The battle between Love and Pollard in the finals was intense, especially considering the addition of two neutrals in place of third and fourth gear in the latter's car. Love had almost not even made it to the finals, much less the earlier stages of competition, as he snapped an axle during practice, requiring an early morning trip to a local fabricator who welded two axles together to form one functioning unit.
Alas, as in 2012, Pollard would once again claim the MDU title with his good friend Love scoring second.
"We're team mates at this point," Pollard said. "We both work with After Hours Autosport, and that's what we wanted going into this weekend, a one-two together. We accomplished our goal no matter what happened in the finals. I was happy I made it here and could accomplish what we wanted."

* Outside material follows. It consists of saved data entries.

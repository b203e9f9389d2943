-- ===== src/Protocol/Handshake/Tests.antt =====
-- Runs of the handshake messages, and the theorems at concrete inputs.
use yyb_go.Prelude.{
  ◌≡◌, ◌≢◌, ◌⊎◌, refl, List, [], ◌∷◌, ◌++◌, arith, map, length, replicate, Bytes, codes,
}
use yyb_go.Prelude.Outcome.{ok, err}
use yyb_go.Protocol.Handshake.{
  PskTicket, build_handshake, split_handshake, split_framed, build_finished, parse_finished,
  parse_new_session_ticket, hs_finished, bad_verify_data, invalid_length,
}
use yyb_go.Protocol.Handshake.Framing.{split_handshake-build_handshake, build_finished_cases}
use yyb_go.Protocol.Handshake.Tickets.{
  Tickets, encode_entries, parse_new_session_ticket-Tickets,
  parse_new_session_ticket-encode_entries,
}

abbrev thirty_two : Bytes
thirty_two = replicate 32 7

no_type_byte : split_handshake (0 ∷ 0 ∷ 0 ∷ 0 ∷ 1 ∷ []) ≡ err invalid_length
unfolding split_handshake split_framed
no_type_byte = refl

ticket_run :
    parse_new_session_ticket (2 ∷ 0 ∷ 0 ∷ 0 ∷ 6 ∷ 1 ∷ 0 ∷ 0 ∷ 1 ∷ 4 ∷ 9 ∷ 0 ∷ 0 ∷ [])
    ≡ ok ((record { psk_type = 1; lifetime = 260; ticket_entry = 1 ∷ 0 ∷ 0 ∷ 1 ∷ 4 ∷ 9 ∷ [] }) ∷ [])
unfolding parse_new_session_ticket
ticket_run = refl

split_handshake-build_handshake_example :
    split_handshake (build_handshake 2 (codes "ab") ++ codes "c") ≡ ok (2, codes "ab")
split_handshake-build_handshake_example =
    split_handshake-build_handshake 2 (codes "ab") (codes "c") (omega arith)

build_finished_cases_example :
    ((length thirty_two ≢ 32) × (build_finished thirty_two ≡ err bad_verify_data))
    ⊎ ((message : Bytes) × (body : Bytes) × (length thirty_two ≡ 32)
        × (build_finished thirty_two ≡ ok message)
        × ((rest : Bytes) → split_handshake (message ++ rest) ≡ ok (hs_finished, body))
        × (parse_finished body ≡ ok thirty_two))
build_finished_cases_example = build_finished_cases thirty_two

parse_new_session_ticket-Tickets_example :
    Tickets 2 5 (parse_new_session_ticket (2 ∷ 255 ∷ 0 ∷ 0 ∷ 0 ∷ 1 ∷ []))
parse_new_session_ticket-Tickets_example =
    parse_new_session_ticket-Tickets 2 (255 ∷ 0 ∷ 0 ∷ 0 ∷ 1 ∷ [])

parse_new_session_ticket-encode_entries_example :
    (ts : List PskTicket) × (parse_new_session_ticket
        (2 ∷ (encode_entries (codes "abcde" ∷ codes "fghijk" ∷ []) ++ codes "l"))
      ≡ ok ts)
    × (map (λ (t : PskTicket). t.ticket_entry) ts ≡ codes "abcde" ∷ codes "fghijk" ∷ [])
parse_new_session_ticket-encode_entries_example =
    parse_new_session_ticket-encode_entries (codes "abcde" ∷ codes "fghijk" ∷ []) (codes "l")
      ((omega arith, omega arith), ((omega arith, omega arith), tt))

But the road to the winner's circle was littered with obstacles. After blowing his engine in another shootout in Colorado two weeks prior, Pollard and his team got the car loaded up the car the Wednesday before comp, traveling from Albuquerque to make the MDU shootout. His tires didn't show up for practice, so Pollard spent Friday's session on scrubs. The morning of the competition, a pinhole caused his power steering system to blow a hose, and of course there was the transmission debacle that started in the semifinals. This all happened in a car borrowed from Matt Dale in Las Vegas.

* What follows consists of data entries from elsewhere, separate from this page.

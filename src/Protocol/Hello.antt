-- ===== src/Protocol/Hello.antt =====
-- internal/protocol/mmtls_protocol.go: the hello messages of the handshake. A slice beyond its end panics.
pub mod Read
pub mod Tests
use yyb_go.Prelude.{
  ℕ, zero, suc, ◌+◌, not, ◌&&◌, ◌||◌, List, [], ◌∷◌, ◌++◌, ltb, ◌==◌, if◌then◌else◌, length, take,
  drop, Bytes,
}
use yyb_go.Prelude.Outcome.{Outcome, ok, err, panic, ◌>>=◌}
use yyb_go.Protocol.BigEndian.{put_uint16, uint16, put_uint32, uint32}
use yyb_go.Protocol.Handshake.{build_handshake}

pub data Error : Type 0 where
  bad_key_length bad_random too_short extension_truncated share_truncated key_truncated : Error

abbrev pub hs_client_hello : ℕ
hs_client_hello = 0x01

abbrev pub cipher_ecdhe : ℕ
cipher_ecdhe = 0xc02b

abbrev pub cipher_psk : ℕ
cipher_psk = 0x00a8

abbrev pub ext_key_share : ℕ
ext_key_share = 0x01

abbrev pub group_sec_p256r1 : ℕ
group_sec_p256r1 = 0x01

abbrev pub group2 : ℕ
group2 = 0x02

abbrev pub key_len : ℕ
key_len = 65

abbrev pub with_length : Bytes → Bytes
with_length bs = put_uint32 (length bs) ++ bs

-- One offer, with its length in front.
abbrev pub offer : ℕ → Bytes → Bytes
offer group key = with_length (put_uint32 group ++ (put_uint16 key_len ++ key))

abbrev pub hello_body : ℕ → Bytes → ℕ → Bytes → Bytes
hello_body cipher client_random timestamp ext =
    0x03
    ∷ 0xf1
    ∷ 1
    ∷ (put_uint16 cipher
        ++ (client_random
            ++ (put_uint32 timestamp ++ with_length (ext_key_share ∷ with_length ext))))

unfoldable pub build_client_hello : Bytes → ℕ → Bytes → Bytes → Outcome Error Bytes
build_client_hello client_random timestamp g1_pub g2_pub =
    if not (length client_random == 32)
      || (not (length g1_pub == key_len) || not (length g2_pub == key_len))
    then err bad_key_length
    else ok (
        build_handshake hs_client_hello (
          hello_body cipher_ecdhe client_random timestamp (
            0x00
            ∷ 0x10
            ∷ 2
            ∷ (offer group_sec_p256r1 g1_pub ++ (offer group2 g2_pub ++ 0 ∷ 0 ∷ 0 ∷ 1 ∷ [])))))

unfoldable pub build_psk_client_hello : Bytes → ℕ → Bytes → Outcome Error Bytes
build_psk_client_hello client_random timestamp ticket_entry =
    if not (length client_random == 32)
    then err bad_random
    else ok (
        build_handshake hs_client_hello (
          hello_body cipher_psk client_random timestamp
            (0x00 ∷ 0x0f ∷ 1 ∷ with_length ticket_entry)))

pub record ServerHello : Type 0 where
  pub server_random : Bytes
  pub cipher : ℕ
  pub server_group : ℕ
  pub server_pub_key : Bytes

-- What is read, and what is behind it.
unfoldable pub take_bytes : ℕ → Bytes → Outcome Error (Bytes × Bytes)
take_bytes n bs = if ltb (length bs) n then panic else ok (take n bs, drop n bs)

unfoldable pub read_uint16 : Bytes → Outcome Error (ℕ × Bytes)
read_uint16 (b1 ∷ b0 ∷ rest) = ok (uint16 b1 b0, rest)
read_uint16 _ = panic

unfoldable pub read_uint32 : Bytes → Outcome Error (ℕ × Bytes)
read_uint32 (b3 ∷ b2 ∷ b1 ∷ b0 ∷ rest) = ok (uint32 b3 b2 b1 b0, rest)
read_uint32 _ = panic

-- The keys that stand anywhere in the bytes: 65 bytes from a 4 on, with 0x0041 in front. Each round
-- takes a byte or more.
unfoldable pub keys_loop : ℕ → Bytes → List Bytes
keys_loop zero blob = []
keys_loop (suc fuel) (a ∷ b ∷ c ∷ rest) =
    let found = keys_loop fuel (drop 64 rest) in
    let further = keys_loop fuel (b ∷ c ∷ rest) in
    if ltb (3 + length rest) 67
    then []
    else if a == 0x00 && (b == 0x41 && c == 0x04)
    then take 65 (c ∷ rest) ∷ found
    else further
keys_loop (suc fuel) _ = []

unfoldable pub extract_key_shares : Bytes → List Bytes
extract_key_shares blob = keys_loop (length blob) blob

abbrev pub first_key : List Bytes → Bytes
first_key [] = []
first_key (key ∷ keys) = key

abbrev pub with_key : ServerHello → ℕ × Bytes → Outcome Error ServerHello
with_key out (klen, rest) =
    if ltb (length rest) klen
    then err key_truncated
    else ok (record out { server_pub_key = take klen rest })

-- The key share behind its type: its length and two more bytes are passed over.
unfoldable pub read_share : ServerHello → Bytes → Outcome Error ServerHello
read_share out rest =
    if ltb (length rest) 4
    then err share_truncated
    else if ltb (length rest) 12
    then err share_truncated
    else (read_uint32 (drop 6 rest) >>= λ (group, behind).
        read_uint16 behind >>= with_key (record out { server_group = group }))

unfoldable pub read_extension : ServerHello → Bytes → Outcome Error ServerHello
read_extension out [] = ok (record out { server_pub_key = first_key (extract_key_shares []) })
read_extension out (t ∷ rest) =
    if t == ext_key_share
    then read_share out rest
    else ok (record out { server_pub_key = first_key (extract_key_shares (t ∷ rest)) })

unfoldable pub with_extension : ℕ → Bytes → ℕ × Bytes → Outcome Error ServerHello
with_extension cipher random (ext_len, rest) =
    if ltb (length rest) ext_len
    then err extension_truncated
    else read_extension
        (record {
          server_random = random;
          cipher = cipher;
          server_group = group_sec_p256r1;
          server_pub_key = [];
        })
        (take ext_len rest)

unfoldable pub parse_server_hello : Bytes → Outcome Error ServerHello
parse_server_hello body =
    if ltb (length body) (2 + 2 + 32 + 4)
    then err too_short
    else (take_bytes 2 body >>= λ (version, behind_version).
        read_uint16 behind_version >>= λ (cipher, behind_cipher).
        take_bytes 32 behind_cipher >>= λ (random, behind_random).
        read_uint32 behind_random >>= with_extension cipher random)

"I was in a position mentally to take the loss because things were breaking and there was nothing I could do," Pollard said. "But my buddy, Rick Carmosino, before the final battle said, 'Hey, you think you should squeeze a little more RPM out of that?' I thought that sounded like a good idea, so we grabbed the laptop, hooked it up and used Team Viewer for Matt to get in and bump it from 7,600 to 8,250rpm to give me a little more wheel speed, and I'd say that was the magic recipe and we made it happen. Pro 2 is something I've always wanted to do."
Love echoed that desire to compete in Pro 2, stating that his so-far reliable car would be the vessel that carried him into that realm, albeit with a few modifications.
"We are absolutely going to push for Pro 2," Love said. "We're sticking with the same setup, but maybe a little bit of boost to keep up with the big boys, throw a stickier tire on and see what we do."
Simplicity has so far been at the heart of his recipe, which consists of a cammed NA LS3 with a dogbox and Winters quick change.
"The car has been great," Love said. "Justin from After Hours Autosports built this thing and we haven't any major problems with it all year. This is what keeps me going. We drive it consistently, and don't have to drive it on the edge because we know the car is going to make it. It doesn't have a ton of power but it's really reliable and we don't have any issues to work through."
Head of operations at MDU, Edgar Sarmiento, said the absence of a 2018 season helped to rejuvenate the program for the success it experienced for 2019.
"I think the year that we took off allowed us to really reset and get with our longtime friends at U.S. Drift to put our region where we want it to be," Sarmiento said. "I think the class of 2017 inspired and motivated me to bring back the series in this format. I think it's the right one for drivers who are building a program to go from shootout to shootout in different regions and drive with those different drivers and compete at this level."